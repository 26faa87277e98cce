-- ===== src/TeenyBasic/Expressions.antt =====
-- What an expression means, and what its code does.
use computer_systems.Prelude.{
  ℕ, ◌≡◌, refl, ◌∙◌, List, [], ◌∷◌, ◌++◌, Option, none, some, arith, ◌==◌, if◌then◌else◌,
  Bool-cases, inl, inr,
}
use computer_systems.TeenyBasic.Ast.{Expr, num, binary, var}
use computer_systems.TeenyBasic.Word64.{add64, sub64, mul64, div64}
use computer_systems.TeenyBasic.Asm.{Instr, Cpu, push_rdi, pop_rcx, pop_rdi, step, run_line}
use computer_systems.Prelude.Options.{◌>>=◌}
use computer_systems.TeenyBasic.Compile.{operator, stacked}

-- The value of an arithmetic operator, where there is one.
unfoldable pub apply_op : ℕ → ℕ → ℕ → Option ℕ
apply_op op a b =
    if op == b'+'
    then some (add64 a b)
    else if op == b'-'
    then some (sub64 a b)
    else if op == b'*'
    then some (mul64 a b)
    else if op == b'/'
    then div64 a b
    else none

-- The value of an expression, over the values of the variables: `none` where it divides by zero, or
-- uses an operator that is not arithmetic.
unfoldable pub eval : Expr → (ℕ → ℕ) → Option ℕ
eval (num v) env = some v
eval (var x) env = some (env x)
eval (binary op l r) env = elim (eval l env) [
  | none ↦ none
  | some a ↦ elim (eval r env) [ none ↦ none | some b ↦ apply_op op a b ]
]

-- `s'` has the value `v` in rdi and is otherwise `s`, but for the registers that code may use freely.
pub record Leaves (v : ℕ) (s s' : Cpu) : Type 0 where
  pub rdi : s'.rdi ≡ v
  pub stack : s'.stack ≡ s.stack
  pub slots : s'.slots ≡ s.slots
  pub out : s'.out ≡ s.out

-- Run from `s`, the code leaves the value `v`.
abbrev pub Computes : List Instr → ℕ → Cpu → Type 0
Computes code v s = (s' : Cpu) × (run_line code s ≡ some s') × Leaves v s s'

-- Code behind other code runs where that has left off.
pub run_line-append :
    (xs ys : List Instr) (s : Cpu) → run_line (xs ++ ys) s ≡ (run_line xs s >>= run_line ys)
unfolding run_line
run_line-append [] ys s = refl
run_line-append (i ∷ xs) ys s = go (step i s) (run_line-append xs ys)
  where
    go :
        (r : Option Cpu)
        → ((s' : Cpu) → run_line (xs ++ ys) s' ≡ (run_line xs s' >>= run_line ys))
        → (r >>= run_line (xs ++ ys)) ≡ ((r >>= run_line xs) >>= run_line ys)
    go none ih = refl
    go (some s') ih = ih s'

-- Run from any state over the variables `f`, the code leaves the value `v`.
abbrev pub Evaluates : List Instr → (ℕ → ℕ) → ℕ → Type 0
Evaluates code f v = (s : Cpu) → s.slots ≡ f → Computes code v s

-- The state in which the instructions of an operator start.
pub record Loaded (a b : ℕ) (s s' : Cpu) : Type 0 where
  pub rdi : s'.rdi ≡ a
  pub rcx : s'.rcx ≡ b
  pub stack : s'.stack ≡ s.stack
  pub slots : s'.slots ≡ s.slots
  pub out : s'.out ≡ s.out

-- The four moves between the code of the right side and the operator.
pops :
    (code : List Instr) (s : Cpu) (x : ℕ) (rest : List ℕ)
    → s.stack ≡ x ∷ rest
    → run_line (push_rdi ∷ pop_rcx ∷ pop_rdi ∷ code) s
      ≡ run_line code (record s { rcx = s.rdi; rdi = x; stack = rest })
unfolding run_line step
pops code s x rest e = rw (e, step, run_line)

module _ (f : ℕ → ℕ) (l r : List Instr) (a b : ℕ) (hl : Evaluates l f a)
    (hr : Evaluates r f b) where
  -- The two sides come to their registers whatever they do to the others.
  pub stacked_lem :
      (op : ℕ) (s : Cpu)
      → s.slots ≡ f
      → (s' : Cpu) × (run_line (stacked op l r) s ≡ run_line (operator op) s') × Loaded a b s s'
  unfolding run_line step stacked
  stacked_lem op s e =
      let (s₁, e₁, k₁) = hl s e in
      let (s₂, e₂, k₂) = hr (record s₁ { stack = s₁.rdi ∷ s₁.stack }) (k₁.slots ∙ e) in
      let top : s₂.stack ≡ s₁.rdi ∷ s₁.stack = k₂.stack in
      (
        record s₂ { rcx = s₂.rdi; rdi = s₁.rdi; stack = s₁.stack },
        rw (run_line-append, e₁, run_line-append, e₂) (pops (operator op) s₂ s₁.rdi s₁.stack top),
        ground arith,
      )

pub operator-Leaves :
    (op a b v : ℕ) (s s' : Cpu)
    → apply_op op a b ≡ some v
    → Loaded a b s s'
    → (t : Cpu) × (run_line (operator op) s' ≡ some t) × Leaves v s t
unfolding apply_op operator run_line step
operator-Leaves op a b v s s' h k = elim (Bool-cases (op == b'+')) [
  | inl plus ↦ (record s' { rdi = add64 s'.rdi s'.rcx }, ground arith, ground arith)
  | inr not_plus ↦ elim (Bool-cases (op == b'-')) [
    | inl minus ↦ (record s' { rdi = sub64 s'.rdi s'.rcx }, ground arith, ground arith)
    | inr not_minus ↦ elim (Bool-cases (op == b'*')) [
      | inl times ↦ (record s' { rdi = mul64 s'.rdi s'.rcx }, ground arith, ground arith)
      | inr not_times ↦ (record s' { rdi = v; rax = v }, ground arith, ground arith)
    ]
  ]
]
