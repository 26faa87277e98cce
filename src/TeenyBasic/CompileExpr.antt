-- ===== src/TeenyBasic/CompileExpr.antt =====
-- assembly-compiler/src/compile.c: the code of an expression computes its value.
use mathlib.Core.Path.{subst}
use computer_systems.Prelude.{
  ℕ, ◌^◌, ◌<◌, ◌≡◌, refl, sym, ap, ◌∙◌, true, ◌&&◌, List, [], ◌∷◌, ◌++◌, Option, none, some, arith,
  ◌==◌, Bool-cases, inl, inr,
}
use computer_systems.TeenyBasic.Ast.{Expr, num, binary, var}
use computer_systems.TeenyBasic.Word64.{mul64}
use computer_systems.TeenyBasic.Asm.{Instr, movq_imm, load, shlq, step, run_line}
use computer_systems.TeenyBasic.Compile.{slot, is_power_two, stacked, with_literal, compile_expr}
use computer_systems.TeenyBasic.Powers.{is_power_two-pow}
use computer_systems.TeenyBasic.Expressions.{
  apply_op, eval, Evaluates, run_line-append, stacked_lem, operator-Leaves,
}

-- The two sides of an expression that has a value.
pub eval-binary :
    (op : ℕ) (l r : Expr) (env : ℕ → ℕ) {v : ℕ}
    → eval (binary op l r) env ≡ some v
    → (a : ℕ) × (b : ℕ) × (eval l env ≡ some a) × (eval r env ≡ some b) × (apply_op op a b ≡ some v)
unfolding eval
eval-binary op l r env {v} h = go (eval l env) (eval r env) refl refl h
  where
    go :
        (x y : Option ℕ)
        → eval l env ≡ x
        → eval r env ≡ y
        → ◌≡◌ {A = Option ℕ}
            (elim x [ none ↦ none | some a ↦ elim y [ none ↦ none | some b ↦ apply_op op a b ] ])
            (some v)
        → (a : ℕ) × (b : ℕ) × (eval l env ≡ some a)
          × (eval r env ≡ some b)
          × (apply_op op a b ≡ some v)
    go none y p q e = absurd (ground arith)
    go (some a) none p q e = absurd (ground arith)
    go (some a) (some b) p q e = (a, b, p, q, e)

pub eval-num : (w v : ℕ) (env : ℕ → ℕ) → eval (num w) env ≡ some v → w ≡ v
unfolding eval
eval-num w v env h = ground arith

eval-var : (x v : ℕ) (env : ℕ → ℕ) → eval (var x) env ≡ some v → env x ≡ v
unfolding eval
eval-var x v env h = ground arith

apply_op-times : (op a b v : ℕ) → apply_op op a b ≡ some v → (op == b'*') ≡ true → mul64 a b ≡ v
unfolding apply_op
apply_op-times op a b v h times = ground arith

pub num-Evaluates : (f : ℕ → ℕ) (v : ℕ) → Evaluates (movq_imm v ∷ []) f v
unfolding run_line step
num-Evaluates f v s e = (record s { rdi = v }, refl, ground arith)

var-Evaluates : (f : ℕ → ℕ) (k : ℕ) → Evaluates (load k ∷ []) f (f k)
unfolding run_line step
var-Evaluates f k s e = (record s { rdi = s.slots k }, refl, ground arith)

stacked-Evaluates :
    (f : ℕ → ℕ) (op : ℕ) (l r : List Instr) (a b v : ℕ)
    → apply_op op a b ≡ some v
    → Evaluates l f a
    → Evaluates r f b
    → Evaluates (stacked op l r) f v
stacked-Evaluates f op l r a b v h hl hr s e =
    let (s', eq, k) = stacked_lem f l r a b hl hr op s e in
    let (t, done, leaves) = operator-Leaves op a b v s s' h k in (t, eq ∙ done, leaves)

shift-Evaluates :
    (f : ℕ → ℕ) (l : List Instr) (a w k : ℕ)
    → w ≡ 2 ^ k
    → Evaluates l f a
    → Evaluates (l ++ (shlq k ∷ [])) f (mul64 a w)
unfolding run_line step
shift-Evaluates f l a w k p hl s e =
    let (s₁, e₁, k₁) = hl s e in
    (record s₁ { rdi = mul64 s₁.rdi (2 ^ k) }, rw (run_line-append, e₁), ground arith)

module _ (log2 : ℕ → ℕ) (log2-pow : (k : ℕ) → 2 ^ k < 2 ^ 63 → log2 (2 ^ k) ≡ k) where
  with_literal-Evaluates :
      (f : ℕ → ℕ) (op : ℕ) (l : List Instr) (a w v : ℕ)
      → apply_op op a w ≡ some v
      → Evaluates l f a
      → Evaluates (with_literal log2 op w l) f v
  unfolding with_literal
  with_literal-Evaluates f op l a w v h hl = elim (Bool-cases ((op == b'*') && is_power_two w)) [
    | inl shift ↦
        let (k, p, fits) = is_power_two-pow w (ground arith) in
        let exponent : log2 w ≡ k = ap log2 p ∙ log2-pow k fits in
        rw (shift, exponent)
          (subst (Evaluates (l ++ (shlq k ∷ [])) f) (apply_op-times op a w v h (ground arith))
            (shift-Evaluates f l a w k p hl))
    | inr plain ↦
        rw plain (stacked-Evaluates f op l (movq_imm w ∷ []) a w v h hl (num-Evaluates f w))
  ]

  -- From any state of the machine the code of an expression runs to its end without a fault, leaves
  -- the expression's value in rdi, where it has one, and leaves the stack, the variables and the
  -- output as they were. `log2` is exact on powers of two.
  pub compile_expr-Evaluates :
      (e : Expr) (f : ℕ → ℕ) (v : ℕ)
      → eval e (λ x. f (slot x)) ≡ some v
      → Evaluates (compile_expr log2 e) f v
  unfolding compile_expr
  compile_expr-Evaluates (num w) f v h =
      subst (Evaluates (movq_imm w ∷ []) f) (eval-num w v _ h) (num-Evaluates f w)
  compile_expr-Evaluates (var x) f v h =
      subst (Evaluates (load (slot x) ∷ []) f) (eval-var x v (λ y. f (slot y)) h)
        (var-Evaluates f (slot x))
  compile_expr-Evaluates (binary op l (num w)) f v h =
      let (a, b, ha, hb, hv) = eval-binary op l (num w) (λ x. f (slot x)) h in
      with_literal-Evaluates f op (compile_expr log2 l) a w v
        (subst (λ n. apply_op op a n ≡ some v) (sym (eval-num w b _ hb)) hv)
        (compile_expr-Evaluates l f a ha)
  compile_expr-Evaluates (binary op l (var x)) f v h =
      let (a, b, ha, hb, hv) = eval-binary op l (var x) (λ x. f (slot x)) h in
      stacked-Evaluates f op (compile_expr log2 l) (load (slot x) ∷ []) a b v hv
        (compile_expr-Evaluates l f a ha) (compile_expr-Evaluates (var x) f b hb)
  compile_expr-Evaluates (binary op l (binary op' l' r')) f v h =
      let (a, b, ha, hb, hv) = eval-binary op l (binary op' l' r') (λ x. f (slot x)) h in
      stacked-Evaluates f op (compile_expr log2 l) (compile_expr log2 (binary op' l' r')) a b v hv
        (compile_expr-Evaluates l f a ha) (compile_expr-Evaluates (binary op' l' r') f b hb)
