-- ===== src/TeenyBasic/Lexer.antt =====
-- assembly-compiler/src/parser.c: the characters and words of a program. The stream is the list of the
-- bytes that are left; to rewind by one puts the byte that was read back in front. The character
-- '\0' stands for the end of the file, and a byte of that value does too.
pub mod Short
pub mod Words
use computer_systems.Prelude.{
  ℕ, zero, suc, ◌+◌, Bool, true, false, not, ◌&&◌, ◌||◌, List, [], ◌∷◌, ◌++◌, Option, none, some,
  ltb, leb, ◌==◌, if◌then◌else◌,
}

abbrev pub Bytes : Type 0
Bytes = List ℕ

-- isspace and isupper of the C locale
abbrev pub isspace : ℕ → Bool
isspace c = (c == b' ') || (leb 9 c && leb c 13)

abbrev pub isupper : ℕ → Bool
isupper c = leb b'A' c && leb c b'Z'

abbrev pub is_variable_name : ℕ → Bool
is_variable_name = isupper

abbrev pub is_open_paren : ℕ → Bool
is_open_paren c = c == b'('

abbrev pub is_close_paren : ℕ → Bool
is_close_paren c = c == b')'

abbrev pub is_factor_op : ℕ → Bool
is_factor_op c = (c == b'*') || (c == b'/')

abbrev pub is_term_op : ℕ → Bool
is_term_op c = (c == b'+') || (c == b'-')

abbrev pub is_comparison_op : ℕ → Bool
is_comparison_op c = (c == b'<') || ((c == b'=') || (c == b'>'))

abbrev pub is_operator : ℕ → Bool
is_operator c =
    is_open_paren c
    || (is_close_paren c || (is_factor_op c || (is_term_op c || is_comparison_op c)))

abbrev pub is_comment_start : ℕ → Bool
is_comment_start c = c == b'#'

unfoldable pub advance : Bytes → ℕ × Bytes
advance [] = (0, [])
advance (c ∷ s) = if isspace c then advance s else (c, s)

-- The byte is put back unless it fits or is '\0'.
unfoldable pub try_advance : (ℕ → Bool) → Bytes → ℕ × Bytes
try_advance p s =
    let (next, rest) = advance s in
    if not (next == 0) && not (p next) then (0, next ∷ rest) else (next, rest)

abbrev pub max_keyword_length : ℕ
max_keyword_length = 100

-- The loop of advance_until_separator, with `index` bytes read into `result`.
unfoldable pub read_word : ℕ → Bytes → Bytes → Option Bytes × Bytes
read_word index result [] =
    if ltb max_keyword_length index
    then (none, [])
    else if ltb 0 index
    then (some result, [])
    else (none, [])
read_word index result (c ∷ s) =
    let skipped = read_word index result s in
    let longer = read_word (index + 1) (result ++ (c ∷ [])) s in
    if ltb max_keyword_length index
    then (none, c ∷ s)
    else if is_operator c && ltb 0 index
    then (some result, c ∷ s)
    else if isspace c
    then (if ltb 0 index then (some result, s) else skipped)
    else longer

-- The bytes of a C string end at the first '\0'.
unfoldable pub cut_string : Bytes → Bytes
cut_string [] = []
cut_string (c ∷ s) = if c == 0 then [] else c ∷ cut_string s

unfoldable pub advance_until_separator : Bytes → Option Bytes × Bytes
advance_until_separator s =
    let (word, rest) = read_word 0 [] s in
    (elim word [ none ↦ none | some w ↦ some (cut_string w) ], rest)

unfoldable pub at_end : Bytes → Bool × Bytes
at_end s = let (next, rest) = advance s in if next == 0 then (true, rest) else (false, next ∷ rest)

unfoldable pub skip_line : Bytes → Bytes
skip_line [] = []
skip_line (c ∷ s) = if c == b'\n' then s else skip_line s
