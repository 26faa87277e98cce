-- ===== src/TeenyBasic/Fold.antt =====
-- assembly-compiler/src/compile.c: `compute_folds`. The function gets the address of a pointer to a
-- node. Where both sides are numbers it writes the value into the left number's node, in place, and
-- redirects the pointer to it. The nodes above keep their own pointers, so the model returns both
-- what the pointer stands for afterwards and the tree below the old node as it has been changed.
use computer_systems.Prelude.{ℕ, Bool, ◌||◌, Option, none, some, ◌==◌, if◌then◌else◌}
use computer_systems.TeenyBasic.Ast.{Expr, num, binary, var}
use computer_systems.TeenyBasic.Word64.{add64, sub64, mul64, div64}

pub record Folded : Type 0 where
  -- the number that the pointer leads to, where it leads to one
  pub value : Option ℕ
  -- the tree below the node that the pointer led to before
  pub tree : Expr

abbrev pub is_arithmetic : ℕ → Bool
is_arithmetic op = (op == b'+') || (op == b'-') || (op == b'*') || (op == b'/')

-- The operator on two literals: `left_val += right_val` and so on; `none` is a trap of the compiler.
unfoldable pub fold_op : ℕ → ℕ → ℕ → Option ℕ
fold_op op a b =
    if op == b'+'
    then some (add64 a b)
    else if op == b'-'
    then some (sub64 a b)
    else if op == b'*'
    then some (mul64 a b)
    else div64 a b

-- A number that replaces a subtree is the leftmost number of it; this is the write into its node.
unfoldable pub write_leftmost : ℕ → Expr → Expr
write_leftmost v (num w) = num v
write_leftmost v (binary op l r) = binary op (write_leftmost v l) r
write_leftmost v (var x) = var x

abbrev pub fold_numbers : ℕ → ℕ → ℕ → Expr → Expr → Option Folded
fold_numbers op a b l r = elim (fold_op op a b) [
  | none ↦ none
  | some v ↦ some (record { value = some v; tree = binary op (write_leftmost v l) r })
]

-- The node with the operator `op`, behind the calls for its two sides.
unfoldable pub fold_node : ℕ → Folded → Folded → Option Folded
fold_node op l r = elim l.value [
  | none ↦ some (record { value = none; tree = binary op l.tree r.tree })
  | some a ↦ elim r.value [
    | none ↦ some (record { value = none; tree = binary op l.tree r.tree })
    | some b ↦
        if is_arithmetic op
        then fold_numbers op a b l.tree r.tree
        else some (record { value = none; tree = binary op l.tree r.tree })
  ]
]

unfoldable pub compute_folds : Expr → Option Folded
compute_folds (num v) = some (record { value = some v; tree = num v })
compute_folds (var x) = some (record { value = none; tree = var x })
compute_folds (binary op l r) = elim (compute_folds l) [
  | none ↦ none
  | some fl ↦ elim (compute_folds r) [ none ↦ none | some fr ↦ fold_node op fl fr ]
]

-- What the caller's pointer stands for after the call.
abbrev pub folded : Folded → Expr
folded f = elim f.value [ some v ↦ num v | none ↦ f.tree ]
====================
Report the number of lines in the entries above that include the string "pops". Give nothing but the number.

### RESPONSE
3